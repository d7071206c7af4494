-- ===== src/Ring/Init.antt =====
-- initRing: what it accepts, and the ring that it leaves.
use native.Mathlib.Nat.{mod-eq_of_lt, pow-le-pow_right}
use native.Mathlib.Decide.{ℕ_discrete}
use vautlage.Prelude.{
  ℕ, zero, suc, ◌+◌, ◌-◌, ◌%◌, ◌^◌, ◌≤◌, ◌<◌, ◌≡◌, ◌⊎◌, inl, inr, [], refl, ap, arith, ◌∙◌, sym,
  true, false, Bool-cases, update, update_self, update_ne,
}
use vautlage.Errors.{ok, err, config}
use vautlage.Layout.{is_pow2, is_aligned, cell_stride_for}
use vautlage.Layout.Align.{is_pow2_iff, is_aligned_iff, two-pow_pos}
use vautlage.Ring.{Ring, Cell, prime, prime_cell, init_ring}
use vautlage.Ring.Valid.{IsValid, seq_at}
use vautlage.Ring.Models.{Models}

-- The loop writes each cell of its range once, and no other.
prime_out :
    (epoch n i : ℕ) (cells : ℕ → Cell) (j : ℕ)
    → (j < i) ⊎ (i + n ≤ j)
    → prime epoch n i cells j ≡ cells j
unfolding prime
prime_out epoch zero i cells j h = refl
prime_out epoch (suc n) i cells j h =
    prime_out epoch n (suc i) (update cells i (prime_cell epoch i (cells i))) j (omega arith)
    ∙ update_ne cells i j (prime_cell epoch i (cells i)) (λ e. omega arith)

prime_in :
    (epoch n i : ℕ) (cells : ℕ → Cell) (j : ℕ)
    → i ≤ j
    → j < i + n
    → prime epoch n i cells j ≡ prime_cell epoch j (cells j)
unfolding prime
prime_in epoch zero i cells j lo hi = absurd (omega arith)
prime_in epoch (suc n) i cells j lo hi =
    let first : ℕ → Cell = update cells i (prime_cell epoch i (cells i)) in
    elim (ℕ_discrete j i) [
      | yes e ↦ rw e (
          prime_out epoch n (suc i) first i (inl (omega arith))
          ∙ update_self cells i (prime_cell epoch i (cells i)))
      | no ne ↦
          prime_in epoch n (suc i) first j (omega arith) (omega arith)
          ∙ ap (prime_cell epoch j) (update_ne cells i j (prime_cell epoch i (cells i)) ne)
    ]

-- The ring that initRing leaves.
abbrev fresh_ring : Ring → ℕ → ℕ → ℕ → ℕ → Ring
fresh_ring r base cells payload_cap epoch = record {
  cells = prime epoch cells 0 r.cells;
  base = base;
  stride = cell_stride_for payload_cap;
  capacity = cells;
  mask = cells - 1;
  payload_cap = payload_cap;
  epoch = epoch;
  tail = 0;
  commit = 0;
  head = 0;
}

init_ring_ok :
    (r : Ring) (base cells payload_cap epoch : ℕ)
    → is_pow2 cells ≡ true
    → is_aligned base 64 ≡ true
    → 0 < cells
    → init_ring r base cells payload_cap epoch ≡ ok (fresh_ring r base cells payload_cap epoch)
unfolding init_ring
init_ring_ok r base cells payload_cap epoch p a pos = ground arith

init_ring_err :
    (r : Ring) (base cells payload_cap epoch : ℕ)
    → (is_pow2 cells ≡ false) ⊎ (is_aligned base 64 ≡ false)
    → init_ring r base cells payload_cap epoch ≡ err config
unfolding init_ring
init_ring_err r base cells payload_cap epoch h = ground arith

abbrev pub Accepts : ℕ → ℕ → Type 0
Accepts base cells = ((k : ℕ) × (cells ≡ 2 ^ k)) × (base % 64 ≡ 0)

-- initRing accepts exactly a power of two of cells on a cache-line boundary; otherwise it reports a
-- configuration error.
pub init_ring_lem :
    (r : Ring) (base cells payload_cap epoch : ℕ)
    → cells < 2 ^ 64
    → (Accepts base cells × ((s : Ring) × (init_ring r base cells payload_cap epoch ≡ ok s)))
      ⊎ ((¬ Accepts base cells) × (init_ring r base cells payload_cap epoch ≡ err config))
init_ring_lem r base cells payload_cap epoch small = elim (Bool-cases (is_pow2 cells)) [
  | inr p ↦ inr (
    λ a. let e : false ≡ true = sym p ∙ (is_pow2_iff cells small).1 a.0 in cc,
    init_ring_err r base cells payload_cap epoch (inl p),
  )
  | inl p ↦ elim (Bool-cases (is_aligned base 64)) [
    | inr q ↦ inr (
      λ a. let e : false ≡ true = sym q ∙ (is_aligned_iff base 6 (omega arith)).1 a.1 in cc,
      init_ring_err r base cells payload_cap epoch (inr q),
    )
    | inl q ↦
        let (k, e) = (is_pow2_iff cells small).0 p in
        inl (
          ((k, e), (is_aligned_iff base 6 (omega arith)).0 q),
          (
            fresh_ring r base cells payload_cap epoch,
            init_ring_ok r base cells payload_cap epoch p q (omega (arith, e, two-pow_pos k)),
          ),
        )
  ]
]

fresh_ring-IsValid :
    (r : Ring) (base k payload_cap epoch : ℕ)
    → 1 ≤ k
    → k ≤ 62
    → IsValid (fresh_ring r base (2 ^ k) payload_cap epoch)
unfolding prime_cell
fresh_ring-IsValid r base k payload_cap epoch lo hi = record {
  shift = k;
  size = refl;
  many = many;
  bound = omega (arith, few);
  masked = refl;
  head_le = omega arith;
  commit_le = omega arith;
  room = omega arith;
  fresh = omega (arith, few);
  slots = λ p h q. inl (turn p h q, omega arith);
}
  where
    many : 2 ≤ 2 ^ k
    many = pow-le-pow_right (omega arith) {i = 1} {j = k} lo

    turn :
        (p : ℕ) → 0 ≤ p → p < 0 + 2 ^ k → seq_at (fresh_ring r base (2 ^ k) payload_cap epoch) p ≡ p
    turn p h q =
        let e : p % 2 ^ k ≡ p = mod-eq_of_lt (omega arith) in
        ap (λ i. (prime epoch (2 ^ k) 0 r.cells i).seq) e
        ∙ ap {A = Cell} (λ c. c.seq) (prime_in epoch (2 ^ k) 0 r.cells p h q)

    few : 2 ^ k ≤ 2 ^ 62
    few = pow-le-pow_right (omega arith) {i = k} {j = 62} hi

-- A new ring of at least two cells, and of at most 2 ^ 62, models the empty queue.
pub init_ring-Models :
    (r : Ring) (base k payload_cap epoch : ℕ)
    → 1 ≤ k
    → k ≤ 62
    → base % 64 ≡ 0
    → (s : Ring) × (init_ring r base (2 ^ k) payload_cap epoch ≡ ok s)
      × Models s (record { items = []; count = 0 })
      × (s.capacity ≡ 2 ^ k)
      × (s.epoch ≡ epoch)
init_ring-Models r base k payload_cap epoch lo hi line =
    let valid : IsValid (fresh_ring r base (2 ^ k) payload_cap epoch) =
      fresh_ring-IsValid r base k payload_cap epoch lo hi in
    (
      fresh_ring r base (2 ^ k) payload_cap epoch,
      init_ring_ok r base (2 ^ k) payload_cap epoch
          ((is_pow2_iff (2 ^ k) (omega (arith, valid.fresh))).1 (k, refl))
          ((is_aligned_iff base 6 (omega arith)).1 line) (two-pow_pos k),
      record {
        valid = valid;
        settled = refl;
        returned = λ p h q. omega (arith, valid.slots p h (omega arith), valid.many);
        items = refl;
        count = refl;
      },
      refl,
      refl,
    )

WHAT IS EXPECTED:
Work out how many lines above contain "items"; write only the number.

RESPONSE TO THIS TASK:
2